Referencing some FreeBSD documentation (even though this section of text being about OpenBSD), FreeBSD Developers Handbook: Kernel Debug Online: On-Line Kernel Debugging Using DDB states, “any panic condition will branch to DDB if the kernel is configured to use it. For this reason, it is not wise to configure a kernel with DDB for a machine running unattended.” Well, OpenBSD's default kernel is configured to use DDB. Sure enough, this can lead to an unattended system becoming unresponsive to attempts to interact with it remotely. Understand that if the operating system drops into the debugger, it may not respond quite normally: locally switching to another terminal may not work, and (what may limit options even more is that) the SSH server may not respond.

If going into the debugger is not desirable, there is a way to get the system to automatically initiate a reboot instead of going into the debugger. However, before making this change, it may be nice to know that the setting cannot necessarily be changed back as easily as it is initially changed.

OpenBSD man page for securelevel notes that, “Because securelevel can be modified with the in-kernel debugger” called ddb, “a convenient means of locking it off (if present) is” effective if the securelevel is set to 1 or higher. This is generally going to be the case (on most kernels) except for when the system is restarting. So (at most times on most kernels), if the desired behavior changes back, the new setting will not take effect until the system is rebooted, at which point the setting may be set to what is stored in the /etc/sysctl.conf file. (That file may be edited even if the securelevel is set to 1 or higher.)

Having said all that, lowering the value is much easier. If there is an interest to auto-reboot, perhaps change the sysctl called ddb.panic from the default value of 1, to 0. “Dave's Picks” website: Automatically rebooting OpenBSD after a panic notes that by doing so, “instead of dropping to the debugger, the crashlog will be saved and the machine will automagically reboot.”

sysctl ddb.panic=0

That will set the currently used configuration. To have the configuration take effect each time the system is restarted, a standardized method to configure such sysctl values is to back up and modify the /etc/sysctl.conf file.

cpytobak /etc/sysctl.conf
echo ddb.panic=0 | sudo -n tee -a /etc/sysctl.conf
FreeBSD
... To auto-reboot, perhaps there is a debug.debugger_on_panic ( http://davespicks.com/writing/programming/openbsdpanic.html )
Linux

http://www.kernel.org/doc/Documentation/ describes the watchdog/ subdirectory as “how to auto-reboot Linux if it has "fallen and can't get up". ;-)”
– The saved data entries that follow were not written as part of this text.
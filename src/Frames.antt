-- ===== src/Frames.antt =====
-- src/simplecc/lsp/transport.rs: the reader of a header line, read_limited_header_line. The input is
-- the list of the pieces that `fill_buf` gives.
pub mod Header
pub mod Text
pub mod Stream
pub mod Digits
pub mod Framed
pub mod RoundTrip
pub mod Ends
mod Tests
use simplecc.Base.{
  ℕ, ◌+◌, Bool, Option, none, some, List, [], ◌∷◌, ◌++◌, length, ltb, if◌then◌else◌,
}
use simplecc.Lines.{Bytes, Piece, bytes_of, cut, unread}

-- What is taken of a piece: its bytes through the newline, or all of them.
abbrev pub with_newline : Bytes × Option Bytes → Bytes
with_newline (content, none) = content
with_newline (content, some r) = content ++ (10 ∷ [])

-- With a newline the line is done.
abbrev pub line_end :
    Bytes → List Piece → Option Bytes → Option Bytes × List Piece → Option Bytes × List Piece
line_end line ps none later = later
line_end line ps (some r) later = (some line, unread r ps)

-- The loop, once `line` is read: the line with its newline, all that is left at the end of the input,
-- or none for a line that is longer than the limit.
unfoldable pub header_loop : ℕ → Bytes → List Piece → Option Bytes × List Piece
unfolding cut
header_loop limit line [] = (some line, [])
header_loop limit line (p ∷ ps) =
    let taken = with_newline (cut (bytes_of p)) in
    let later = header_loop limit (line ++ taken) ps in
    if ltb limit (length line + length taken)
    then (none, p ∷ ps)
    else line_end (line ++ taken) ps (cut (bytes_of p)).1 later

unfoldable pub read_limited_header_line : ℕ → List Piece → Option Bytes × List Piece
unfolding header_loop
read_limited_header_line limit ps = header_loop limit [] ps
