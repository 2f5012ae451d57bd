-- ===== src/Frames/Stream.antt =====
-- src/simplecc/lsp/transport.rs: LspTransport::send, and read_loop, which reads a server's messages.
-- The body of a message is serde_json's: `to_string` and `from_slice` are parameters.
use simplecc.Base.{
  ℕ, zero, suc, ◌+◌, ◌*◌, ◌/◌, ◌%◌, String, Bool, true, false, not, Option, none, some, List, [],
  ◌∷◌, ◌++◌, length, take, ltb, Result, ok, err, nat_key, if◌then◌else◌,
}
use simplecc.Lines.{Bytes, Piece, unread, concat, is_utf8}
use simplecc.Frames.{read_limited_header_line}
use simplecc.Frames.Text.{
  chars, trim, split_once, eq_ignore_ascii_case, content_length_name, parse_usize,
}

abbrev pub max_header_line_bytes : ℕ
max_header_line_bytes = 8 * 1024

abbrev pub max_header_bytes : ℕ
max_header_bytes = 32 * 1024

abbrev pub max_content_length : ℕ
max_content_length = 64 * 1024 * 1024

-- The decimal digits of a number, before `rest`; the fuel is the number and one.
unfoldable pub digits_before : ℕ → ℕ → Bytes → Bytes
digits_before zero n rest = rest
digits_before (suc fuel) n rest =
    let later = digits_before fuel (n / 10) ((48 + n % 10) ∷ rest) in
    if ltb n 10 then (48 + n) ∷ rest else later

abbrev pub decimal : ℕ → Bytes
decimal n = digits_before (n + 1) n []

-- A message on the wire.
unfoldable pub frame : Bytes → Bytes
unfolding digits_before
frame body =
    content_length_name ++ (58 ∷ 32 ∷ (decimal (length body) ++ (13 ∷ 10 ∷ 13 ∷ 10 ∷ body)))

-- The child's stdin is open until `terminate` takes it.
pub record LspTransport : Type 0 where
  pub writer : Bool
  pub terminated : Bool
  pub written : Bytes

-- A write that breaks off leaves the first bytes.
abbrev pub write_all : Option ℕ → Bytes → LspTransport → Result (Unit {0}) × LspTransport
write_all none bytes t = (ok tt, record t { written = t.written ++ bytes })
write_all (some k) bytes t = (err "broken pipe", record t { written = t.written ++ take k bytes })

unfoldable pub send :
    {V : Type 0} → (V → Bytes) → Option ℕ → V → LspTransport → Result (Unit {0}) × LspTransport
unfolding frame
send to_string breaks msg t =
    if t.terminated
    then (err "language server transport is terminated", t)
    else if not t.writer
    then (err "language server stdin is closed", t)
    else write_all breaks (frame (to_string msg)) t

pub data FrameError : Type 0 where
  line_too_long headers_too_long not_text duplicate_length bad_length length_too_large : FrameError
  missing_length short_body : FrameError
  bad_body : String → FrameError

-- What a header line says: the end of the headers, the length of the body, nothing, or an error.
pub data Header : Type 0 where
  end_of_headers other_header : Header
  content_length : ℕ → Header
  bad_header : FrameError → Header

abbrev pub length_header : Option ℕ → Option ℕ → Header
length_header (some seen) value = bad_header duplicate_length
length_header none none = bad_header bad_length
length_header none (some n) =
    if ltb max_content_length n then bad_header length_too_large else content_length n

abbrev pub named_header : Option ℕ → List ℕ × Option (List ℕ) → Header
named_header seen (name, none) = other_header
named_header seen (name, some value) =
    if eq_ignore_ascii_case (trim name) content_length_name
    then length_header seen (parse_usize (trim value))
    else other_header

-- A line that has been trimmed.
unfoldable pub header_of : Option ℕ → List ℕ → Header
unfolding split_once parse_usize
header_of seen [] = end_of_headers
header_of seen (c ∷ cs) = named_header seen (split_once (c ∷ cs))

-- What the headers of a message say: the end of the stream, the length, or an error.
pub data Headers : Type 0 where
  end_of_stream no_fuel : Headers
  headers : Option ℕ → Headers
  bad_headers : FrameError → Headers

abbrev pub by_header :
    Header → Option ℕ → List Piece → (Option ℕ → Headers × List Piece) → Headers × List Piece
by_header end_of_headers seen left next = (headers seen, left)
by_header other_header seen left next = next seen
by_header (content_length n) seen left next = next (some n)
by_header (bad_header e) seen left next = (bad_headers e, left)

-- One line of the headers, of `count` bytes before it.
abbrev pub take_header :
    ℕ
    → Option ℕ
    → Option Bytes × List Piece
    → (List Piece → ℕ → Option ℕ → Headers × List Piece)
    → Headers × List Piece
take_header count seen (none, left) next = (bad_headers line_too_long, left)
take_header count seen (some [], left) next = (end_of_stream, left)
take_header count seen (some (b ∷ bs), left) next =
    if ltb max_header_bytes (count + length (b ∷ bs))
    then (bad_headers headers_too_long, left)
    else if not (is_utf8 (b ∷ bs))
    then (bad_headers not_text, left)
    else by_header (header_of seen (trim (chars 0 0 (b ∷ bs)))) seen left
        (next left (count + length (b ∷ bs)))

-- The inner loop.
unfoldable pub read_headers : ℕ → ℕ → Option ℕ → List Piece → Headers × List Piece
unfolding header_of read_limited_header_line
read_headers zero count seen ps = (no_fuel, ps)
read_headers (suc fuel) count seen ps =
    take_header count seen (read_limited_header_line max_header_line_bytes ps)
      (λ left count' seen'. read_headers fuel count' seen' left)

abbrev pub cons_byte : ℕ → Option (Bytes × List Piece) → Option (Bytes × List Piece)
cons_byte b none = none
cons_byte b (some (bs, left)) = some (b ∷ bs, left)

-- `read_exact`.
unfoldable pub read_exact : ℕ → List Piece → Option (Bytes × List Piece)
read_exact zero ps = some ([], ps)
read_exact (suc n) [] = none
read_exact (suc n) ((b, bs) ∷ ps) = cons_byte b (read_exact n (unread bs ps))

-- How the loop ends: at the end of the stream, when the receiver is gone, or with an error.
pub data Ended : Type 0 where
  closed dropped out_of_fuel : Ended
  failed : FrameError → Ended

abbrev pub Read : Type 0 → Type 0
Read V = List V × Ended

abbrev pub deliver : {V : Type 0} → V → Bool → Read V → Read V
deliver msg true later = (msg ∷ later.0, later.1)
deliver msg false later = ([], dropped)

abbrev pub take_body : {V : Type 0} → Bool → Result V → Read V → Read V
take_body taken (err e) later = ([], failed (bad_body e))
take_body taken (ok msg) later = deliver msg taken later

abbrev pub read_body :
    {V : Type 0}
    → (Bytes → Result V)
    → Bool
    → Option (Bytes × List Piece)
    → (List Piece → Read V)
    → Read V
read_body from_slice taken none next = ([], failed short_body)
read_body from_slice taken (some (body, left)) next = take_body taken (from_slice body) (next left)

abbrev pub by_headers :
    {V : Type 0} → (Bytes → Result V) → Bool → Headers × List Piece → (List Piece → Read V) → Read V
by_headers from_slice taken (end_of_stream, left) next = ([], closed)
by_headers from_slice taken (no_fuel, left) next = ([], out_of_fuel)
by_headers from_slice taken (bad_headers e, left) next = ([], failed e)
by_headers from_slice taken (headers none, left) next = ([], failed missing_length)
by_headers from_slice taken (headers (some n), left) next =
    read_body from_slice taken (read_exact n left) next

-- `read_loop`, where `taken k` says whether the receiver takes the message after `k` others. A line of
-- the headers has a byte at least, so that the limit of their bytes bounds their lines.
unfoldable pub read_loop :
    {V : Type 0} → (Bytes → Result V) → (ℕ → Bool) → ℕ → ℕ → List Piece → Read V
unfolding read_headers read_exact
read_loop from_slice taken zero k ps = ([], out_of_fuel)
read_loop from_slice taken (suc fuel) k ps =
    by_headers from_slice (taken k) (read_headers (max_header_bytes + 1) 0 none ps)
      (λ left. read_loop from_slice taken fuel (k + 1) left)

-- A message has a byte at least.
abbrev pub read_stream : {V : Type 0} → (Bytes → Result V) → (ℕ → Bool) → List Piece → Read V
read_stream from_slice taken ps = read_loop from_slice taken (length (concat ps) + 1) 0 ps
The basic concept is that a “Watchdog” driver (or “Watchdog Timer” driver) seraches for signals sent to a device which is located at /dev/watchdog on the filesystem. If an expected signal does not occur, the Watchdog may attempt to reboot the system. Software may be able to indicate when such signals are expected, or software may not be able to control the expectations (A WatchDog man page refers to a CONFIG_WATCHDOG_NOWAYOUT option that may be specified when compiling a kernel.) LinuxJournal: web page about Watchdog—The Linux Software Daemon indicates support was added to Linux 1.3.51 (which was presumably released between Linux 1.2 in March of 1995, and Linux 2.20 by June 9 of 1996).

(Further reseach may be needed about how to get this set up.) Embedded Freaks: Howto Use Linux Watchdog has some information about setting up this software to work with some specific hardware.